For background on virtual servers, see the Virtual Servers overview.
Example
from perspective import VirtualServerHandler, VirtualServer
class MyModel(VirtualServerHandler):
def get_features(self):
return {
"group_by": True,
"split_by": False,
"sort": True,
"filter_ops": {
"string": ["==", "!=", "contains"],
"float": ["==", "!=", ">", "<"],
},
"aggregates": {
"float": ["sum", "avg", "count"],
"string": ["count"],
},
}
def get_hosted_tables(self):
return ["my_table"]
def table_schema(self, table_name):
return {"name": "string", "price": "float"}
def table_size(self, table_name):
return 1000
def table_make_view(self, table_name, view_id, config):
# Translate `config` (group_by, sort, filter, etc.) into a
# query against your data source.

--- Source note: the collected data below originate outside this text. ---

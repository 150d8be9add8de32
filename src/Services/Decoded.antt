-- ===== src/Services/Decoded.antt =====
-- The responses of the server, as the client decodes them: service by service.
use cosemlib.Base.{ℕ, ◌≡◌, refl, true, List, [], ◌∷◌, ◌++◌, ret}
use mathlib.Core.Path.{subst}
use cosemlib.Array.{Array}
use cosemlib.Array.Bounds.{IsValid}
use cosemlib.Array.Append.{append, Room, Emits, Emits-&&&, Emits-nil, write_u8-Emits}
use cosemlib.Array.Consume.{skip, Ahead, Ahead-left, read_u8-Reads}
use cosemlib.Services.{svc_set, svc_action, svc_exception, Request, DbCode, on_array}
use cosemlib.Services.Server.{
  exception_response_encoder, access_result, response_encoder, response_tag, return_parameters,
}
use cosemlib.Services.Client.{
  Response, return_result, exception_decoder, client_decode, client_services, run_service,
  set_service, is_valid_action_result,
}
use cosemlib.Services.Takes.{Takes, Takes-&&&, Takes-update, take_u8-Takes}
use cosemlib.Services.Replies.{
  started, begun, resulting, exchanged, exchanged_lem, decode-Takes, data_result-Takes,
  action_result-Takes, return_result-Takes, normal_response-Takes, response_encoder-Emits,
  access_result-valid,
}

-- The response to a SET request, in an array with nothing unread and with room, is decoded to the
-- service SET, the invoke id of the request, and the result of the database: 0 for success, 250 for any
-- other code.
pub decode-set_response :
    (q : Request) (r : Response) (code : DbCode) (n : ℕ) {a : Array}
    → q.db_request.service ≡ svc_set
    → IsValid a
    → a.rd_index ≡ a.wr_index
    → Room a 4
    → exchanged (response_encoder q code n) (record { message = r; array = a })
      ≡ ret true (record {
        message = record (started svc_set q.sender_invoke_id r) {
          access_result = access_result code;
        };
        array = skip 4 (append (197 ∷ 1 ∷ q.sender_invoke_id ∷ access_result code ∷ []) a);
      })
unfolding response_tag run_service client_services
decode-set_response q r code n {a} sets v e room =
    let emits = response_encoder-Emits q code n {ys = []} (rw sets Emits-nil) in
    exchanged_lem (response_encoder q code n)
      (subst
        (λ s.
          Emits (response_encoder q code n)
            (response_tag s ∷ 1 ∷ q.sender_invoke_id ∷ access_result code ∷ []))
        sets emits)
      (decode-Takes 197 _ (
        normal_response-Takes svc_set q.sender_invoke_id _ _ (
          data_result-Takes _ svc_set (access_result code) refl refl (access_result-valid code).0)))
      v e room

-- The response to an ACTION request without return parameters is decoded to the service ACTION, the
-- invoke id of the request, the result of the database as the result of the action, and no data.
pub decode-action_response :
    (q : Request) (r : Response) (code : DbCode) {a : Array}
    → q.db_request.service ≡ svc_action
    → IsValid a
    → a.rd_index ≡ a.wr_index
    → Room a 5
    → exchanged (response_encoder q code 0) (record { message = r; array = a })
      ≡ ret true (record {
        message = record (started svc_action q.sender_invoke_id r) {
          action_result = access_result code;
        };
        array = skip 5 (append (199 ∷ 1 ∷ q.sender_invoke_id ∷ access_result code ∷ 0 ∷ []) a);
      })
unfolding response_tag return_parameters run_service client_services
decode-action_response q r code {a} acts v e room =
    let emits = response_encoder-Emits q code 0 {ys = 0 ∷ []} (rw acts (write_u8-Emits 0)) in
    exchanged_lem (response_encoder q code 0)
      (subst
        (λ s.
          Emits (response_encoder q code 0)
            (response_tag s ∷ 1 ∷ q.sender_invoke_id ∷ access_result code ∷ 0 ∷ []))
        acts emits)
      (decode-Takes 199 _ (
        normal_response-Takes svc_action q.sender_invoke_id _ _ (
          action_result-Takes (begun q.sender_invoke_id r) (access_result code)
            (access_result-valid code).1)))
      v e room

-- The exception response of the server is decoded to the service EXCEPTION with both of its bytes.
pub decode-exception_response :
    (r : Response) {a : Array}
    → IsValid a
    → a.rd_index ≡ a.wr_index
    → Room a 3
    → exchanged exception_response_encoder (record { message = r; array = a })
      ≡ ret true (record {
        message = record r { service = svc_exception; state_err = 1; service_err = 1 };
        array = skip 3 (append (216 ∷ 1 ∷ 1 ∷ []) a);
      })
unfolding exception_response_encoder run_service client_services exception_decoder set_service
decode-exception_response r v e room =
    exchanged_lem exception_response_encoder
      (Emits-&&& (write_u8-Emits 216) (Emits-&&& (write_u8-Emits 1) (write_u8-Emits 1)))
      (decode-Takes 216 _ (Takes-update _ _ (Takes-&&& (take_u8-Takes _ 1) (take_u8-Takes _ 1)))) v
      e room

-- A normal response to an ACTION request whose return parameters are a Data-Access-Result is accepted
-- with the access result 1 (hardware fault), whatever the Data-Access-Result is, and that byte is left
-- unread: the response is ahead in a valid array, and the result of the action is a valid one.
pub decode-action_access_result :
    (r : Response) (invoke b x : ℕ) {a : Array}
    → is_valid_action_result b ≡ true
    → IsValid a
    → Ahead (199 ∷ 1 ∷ invoke ∷ b ∷ 1 ∷ 1 ∷ x ∷ []) a
    → client_decode (record { message = r; array = a })
      ≡ ret true (record {
        message = record (started svc_action invoke r) { action_result = b; access_result = 1 };
        array = skip 6 a;
      })
unfolding run_service client_services return_result
decode-action_access_result r invoke b x {a} h v ahead =
    let choice : Takes return_result (1 ∷ []) (resulting invoke b r)
        (record (resulting invoke b r) { access_result = 1 }) =
      record { run = λ a v h. rw (on_array, (read_u8-Reads 1).run a v h) refl } in
    (decode-Takes 199 _ (
        normal_response-Takes svc_action invoke _ _
          (return_result-Takes (begun invoke r) b 1 _ h choice))).run
      a v (Ahead-left (199 ∷ 1 ∷ invoke ∷ b ∷ 1 ∷ 1 ∷ []) (x ∷ []) ahead)

-- A normal response to an ACTION request whose return parameters are data is accepted with the mark
-- that it has data and the access result 0, and the array stands at the data.
pub decode-action_data :
    (r : Response) (invoke b : ℕ) (bs : List ℕ) {a : Array}
    → is_valid_action_result b ≡ true
    → IsValid a
    → Ahead ((199 ∷ 1 ∷ invoke ∷ b ∷ 1 ∷ 0 ∷ []) ++ bs) a
    → client_decode (record { message = r; array = a })
      ≡ ret true (record {
        message = record (started svc_action invoke r) {
          action_result = b;
          access_result = 0;
          has_data = true;
        };
        array = skip 6 a;
      })
unfolding run_service client_services return_result
decode-action_data r invoke b bs {a} h v ahead =
    let choice : Takes return_result (0 ∷ []) (resulting invoke b r)
        (record (resulting invoke b r) { access_result = 0; has_data = true }) =
      record { run = λ a v h. rw (on_array, (read_u8-Reads 0).run a v h) refl } in
    (decode-Takes 199 _ (
        normal_response-Takes svc_action invoke _ _
          (return_result-Takes (begun invoke r) b 0 _ h choice))).run
      a v (Ahead-left (199 ∷ 1 ∷ invoke ∷ b ∷ 1 ∷ 0 ∷ []) bs ahead)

Store the query keyed by
# `view_id` for later data retrieval.
pass
def view_delete(self, view_id):
# Clean up resources for this view
pass
def view_get_data(self, view_id, start_row, end_row, start_col, end_col, ctx):
# Execute the stored query with the given row/column window.
# Push results via `ctx`.
pass
The VirtualServer instance can then be passed to a Tornado, Starlette, or
AIOHTTP handler just like a regular Server:
from perspective.handlers.tornado import PerspectiveTornadoHandler
app = tornado.web.Application([
(r"/websocket", PerspectiveTornadoHandler, {"perspective_server": VirtualServer(MyModel)}),
])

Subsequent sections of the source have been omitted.